Editorial: The physiological and molecular response of aquatic animals to environmental stresses

The aquatic organisms include approximately 20% of species on the Earth. Many of those aquatic species play essential roles in ecosystems and/or the economy. In the past two hundred years, the significantly increased anthropogenic activities and climate change generated much more pressure on the aquatic organisms. Many species demonstrated phenotypic and genotypic changes in response to environmental pressure. In this Research Topic, “The physiological and molecular responses of aquatic animals to various environmental stressors” were discussed. With the significant global climate change, the aquatic environment starts to become unstable. The most common concern is the temperature, which is directly caused by global warming in the past two centuries. The direct effect of increasing temperature in the aquatic environment on aquatic animals is the change of gene expression profiles upon the thermal stress. With the well-developed, low-cost next-generation sequencing techniques, alterations in transcriptomes under the pressure of high temperature have been identified in many aquatic organisms, including Pacific oyster (Crassostrea gigas) (Tan et al.), ark shells (Scapharca subcrenata) (Zou et al.), and Farrer’s scallop (Chlamys farreri) (Liu et al.). Long-term thermal stress on oysters even resulted in a global divergence in the genome (Tan et al.). Hypoxia has been long recognized as an environmental stressor that negatively impacts aquatic animals. Since oxygen is critical to oxidation and metabolic activities in animals, lack of oxygen in water showed a significant influence on the post-translational regulation in aquatic animals, such as protein phosphorylation (Sokolov et al.) and gluconeogenesis (Jiang et al.).

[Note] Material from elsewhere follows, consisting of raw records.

-- ===== src/OpRegion/RoundTrip.antt =====
-- core/opregion.c: an integer that is written to a field of at most 64 bits is read back.
use native.Mathlib.Nat.{one-le-pow, mod-lt}
use native.Mathlib.Decide.{dec_lt}
use lai.Base.{
  ℕ, ◌+◌, ◌*◌, ◌/◌, ◌%◌, ◌^◌, ◌≤◌, ◌<◌, ◌≡◌, inr, refl, sym, ap, ◌∙◌, max, Bool, List, length,
  replicate, get_or-replicate, length-replicate, ok, ◌>>=◌, arith, le→ltb,
}
use lai.Bits.{bit, bit-zero, bit-mod, bit-past, bit_ext}
use lai.OpRegion.BufferBits.{buffer_bit, split_at}
use lai.OpRegion.BufferRead.{pow_mono, zero_max}
use lai.OpRegion.Field.{Device, Field, access_width}
use lai.OpRegion.FieldRead.{Width, IsMemory}
use lai.OpRegion.FieldLoop.{read_field_internal-Filled}
use lai.OpRegion.FieldWrite.{write_field_internal-Written}
use lai.OpRegion.Values.{integer, gather_bytes, spread_bytes, read_field, write_field}
use lai.OpRegion.Integers.{spread_length, spread_bit, Gathered, gather_lem}

zeros_bit : (count j : ℕ) → buffer_bit (replicate count 0) j ≡ 0
zeros_bit count j =
    ap (λ (t : ℕ). bit t (j % 8)) (get_or-replicate count (j / 8) 0) ∙ bit-zero (j % 8)

-- The bits of a value below `2 ^ n`, from `n` on.
mod_past : (v n i : ℕ) → n ≤ i → bit (v % 2 ^ n) i ≡ 0
mod_past v n i le = bit-past (v % 2 ^ n) n i (mod-lt v (omega (arith, one-le-pow n 2))) le

-- The integer that is gathered from a buffer that has the bits of `v` below `n` and no others.
Gathered-value :
    (out : List ℕ) (v n r : ℕ)
    → Gathered out 0 0 r
    → n ≤ 8 * length out
    → ((i : ℕ) → i < n → buffer_bit out i ≡ bit v i)
    → ((i : ℕ) → n ≤ i → buffer_bit out i ≡ 0)
    → r ≡ v % 2 ^ n
Gathered-value out v n r g fits inside outside =
    let (more, total) = split_at n (8 * (0 + length out)) (omega arith) in
    bit_ext (8 * (0 + length out)) r (v % 2 ^ n) g.bounded
      (rw total
        (omega (arith, mod-lt v {m = 2 ^ n} (omega (arith, one-le-pow n 2)), pow_mono n more)))
      (λ i lt.
        let at : i ≡ 8 * 0 + i = omega arith in
        ap (bit r) at ∙ g.high i (omega arith) ∙ elim (dec_lt i n) [
          | yes low ↦ inside i low ∙ sym (bit-mod v n i low)
          | no high ↦ outside i (omega arith) ∙ sym (mod_past v n i (omega arith))
        ])

module _ {S : Type 0} (device : Device S) (region : S → ℕ → ℕ) (limit : ℕ)
    (mem : IsMemory device region limit) (field : Field) (a : ℕ) (w : Width a)
    (room : field.fld_offset + field.fld_size + a ≤ limit + 1)
    (preserve : field.fld_flags / 32 % 16 ≡ 0) where
  -- Take a field of at most 64 bits, accessed by 8, 16 or 32 bits, whose other bits are
  -- preserved, in a region whose device is a memory of bits that reaches past the last access.
  -- Then lai_write_field of an integer followed by lai_read_field ends without a fault and
  -- returns the integer modulo two to the size of the field.
  pub read_field-write_field :
      (allocates : Bool) (s : S) (v : ℕ)
      → access_width field ≡ ok a
      → field.fld_offset < 2 ^ 64
      → field.fld_size ≤ 64
      → (after : S) × ((write_field device s field (integer v) >>= λ t.
            read_field device allocates t field)
          ≡ ok (integer (v % 2 ^ field.fld_size), after))
  unfolding read_field write_field
  read_field-write_field allocates s v width small few =
      let n = field.fld_size in
      let o = field.fld_offset in
      let src = spread_bytes 8 0 v in
      let bytes = (n + 7) / 8 in
      let dest : List ℕ = replicate bytes 0 in
      let (after, wrote, f) =
        write_field_internal-Written device region limit mem field a w room preserve src
          (omega (arith, spread_length 8 0 v)) s width small in
      let (out, read_, g) =
        read_field_internal-Filled device region limit mem field a w room after dest width small
          (omega (arith, length-replicate {A = ℕ} bytes 0)) in
      let size : length out ≡ bytes = g.size ∙ length-replicate {A = ℕ} bytes 0 in
      let value =
        Gathered-value out v n (gather_bytes out 0 0)
          (gather_lem out 0 0 (omega arith) (omega arith)) (omega arith)
          (λ i lt.
            g.inside i (omega arith) lt
            ∙ ap (λ (t : ℕ). max t (region after (o + i))) (zeros_bit bytes i)
            ∙ zero_max (region after (o + i))
            ∙ f.inside (o + i) (omega arith) (omega arith)
            ∙ ap (buffer_bit src) (omega arith)
            ∙ spread_bit v i (omega arith))
          (λ i le. g.outside i (inr le) ∙ zeros_bit bytes i) in
      (
        after,
        rw
            (
              write_field,
              wrote,
              ◌>>=◌,
              read_field,
              read_,
              ◌>>=◌,
              le→ltb 8 bytes (omega arith),
              value,
            )
            refl,
      )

These changes indicated the activation of alternative metabolic pathways with less oxygen consumption in the animals. The hypoxic stress also impacts the aquatic animals at the transcriptomic level leading to the upregulation of a classic molecular chaperone family, heat shock proteins (Sun et al.), which is similar to that of the animals under thermal stress. Interestingly, hypoxia also influences the brain function in teleost fish (Atlantic croaker, Micropogonias undulatus) by manipulating the activity of neuronal nitric oxide synthase (Rahman and Thomas), which explains the behavioral change of the fish associated with hypoxic stress.